→ WORK INSTRUCTION: Copy every line from the records that holds the word "stay".

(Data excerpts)
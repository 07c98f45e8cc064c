-- ===== src/Models/Query/Kept.antt =====
-- Objects that stay as they are while queries are copied and changed.
use django_clickhouse_backen.Prelude.{
  ℕ, ◌<◌, ◌≤◌, ◌≡◌, refl, ◌∙◌, false, Option, none, some, ◌==◌, Text, arith,
}
use django_clickhouse_backen.Prelude.Dict.{Dict}
use django_clickhouse_backen.Models.Query.{
  Store, Class, query, update_or_delete, Query, copy_settings, clone_prewhere, clone_prewhere_of,
  clone, set_settings, add_prewhere, added,
}

-- A reference to an object made since
pub New : ℕ → Option ℕ → Type 0
New n none = Unit
New n (some r) = n ≤ r

New-weaker : (n m : ℕ) (o : Option ℕ) → n ≤ m → New m o → New n o
unfolding New
New-weaker n m none le h = tt
New-weaker n m (some r) le h = omega arith

module _ {V C : Type 0} where
  -- The objects that are there stay as they are.
  pub record Kept (s t : Store V C) : Type 0 where
    pub grows : s.next ≤ t.next
    pub same_settings : (r : ℕ) → r < s.next → t.settings_at r ≡ s.settings_at r
    pub same_conditions : (r : ℕ) → r < s.next → t.conditions_at r ≡ s.conditions_at r

  pub Kept-refl : (s : Store V C) → Kept s s
  Kept-refl s = record {
    grows = omega arith;
    same_settings = λ r h. refl;
    same_conditions = λ r h. refl;
  }

  pub Kept-trans : (s t u : Store V C) → Kept s t → Kept t u → Kept s u
  Kept-trans s t u h k = record {
    grows = omega arith;
    same_settings = λ r lt. k.same_settings r (omega arith) ∙ h.same_settings r lt;
    same_conditions = λ r lt. k.same_conditions r (omega arith) ∙ h.same_conditions r lt;
  }

  copy-Kept :
      (o : Option ℕ) (s : Store V C)
      → Kept s (copy_settings o s).1 × New s.next (copy_settings o s).0
  unfolding copy_settings New
  copy-Kept none s = (Kept-refl s, tt)
  copy-Kept (some r) s = (
    record {
      grows = omega arith;
      same_settings = λ m h. let other : (m == s.next) ≡ false = ground arith in rw other refl;
      same_conditions = λ m h. refl;
    },
    omega arith,
  )

  prewhere-Kept :
      (o : Option ℕ) (s : Store V C)
      → Kept s (clone_prewhere o s).1 × New s.next (clone_prewhere o s).0
  unfolding clone_prewhere New
  prewhere-Kept none s = (Kept-refl s, tt)
  prewhere-Kept (some r) s = (
    record {
      grows = omega arith;
      same_settings = λ m h. refl;
      same_conditions = λ m h. let other : (m == s.next) ≡ false = ground arith in rw other refl;
    },
    omega arith,
  )

  pub clone-Kept :
      (q : Query) (s : Store V C)
      → Kept s (clone q s).1
        × New s.next (clone q s).0.setting_info
        × (q.class_of ≡ query → New s.next (clone q s).0.prewhere)
  unfolding clone
  clone-Kept q s =
      let (k, n) = copy-Kept q.setting_info s in
      let s' = (copy_settings q.setting_info s).1 in
      let (k', n') = of_class q.class_of q.prewhere s' in
      (
        Kept-trans s s' (clone_prewhere_of q.class_of q.prewhere s').1 k k',
        n,
        λ c. New-weaker s.next s'.next _ k.grows (n' c),
      )
    where
      of_class :
          (c : Class) (o : Option ℕ) (t : Store V C)
          → Kept t (clone_prewhere_of c o t).1
            × (c ≡ query → New t.next (clone_prewhere_of c o t).0)
      of_class query o t = let (k, n) = prewhere-Kept o t in (k, λ e. n)
      of_class update_or_delete o t = (Kept-refl t, λ e. cc e)

  pub set-Kept :
      (c : Class) (o : Option ℕ) (given : Dict Text V) (s t : Store V C)
      → Kept s t
      → New s.next o
      → Kept s (set_settings c o given t)
  unfolding set_settings New
  set-Kept query (some r) given s t k n = record {
    grows = k.grows;
    same_settings =
        λ m h. let other : (m == r) ≡ false = ground arith in rw other (k.same_settings m h);
    same_conditions = k.same_conditions;
  }
  set-Kept query none given s t k n = k
  set-Kept update_or_delete o given s t k n = k

  add-Kept :
      (o : Option ℕ) (clause : Option C) (s t : Store V C)
      → Kept s t
      → New s.next o
      → Kept s (add_prewhere o clause t)
  unfolding add_prewhere New
  add-Kept none clause s t k n = k
  add-Kept (some r) none s t k n = k
  add-Kept (some r) (some c) s t k n = record {
    grows = k.grows;
    same_settings = k.same_settings;
    same_conditions =
        λ m h. let other : (m == r) ≡ false = ground arith in rw other (k.same_conditions m h);
  }

  pub added-Kept :
      (c : Class) (q : Query) (clause : Option C) (s t : Store V C)
      → Kept s t
      → (c ≡ query → New s.next q.prewhere)
      → Kept s (added c q clause t).1
  unfolding added
  added-Kept query q clause s t k n = add-Kept q.prewhere clause s t k (n refl)
  added-Kept update_or_delete q clause s t k n = k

→ SOLUTION TO THIS PROBLEM:
-- Objects that stay as they are while queries are copied and changed.
  -- The objects that are there stay as they are.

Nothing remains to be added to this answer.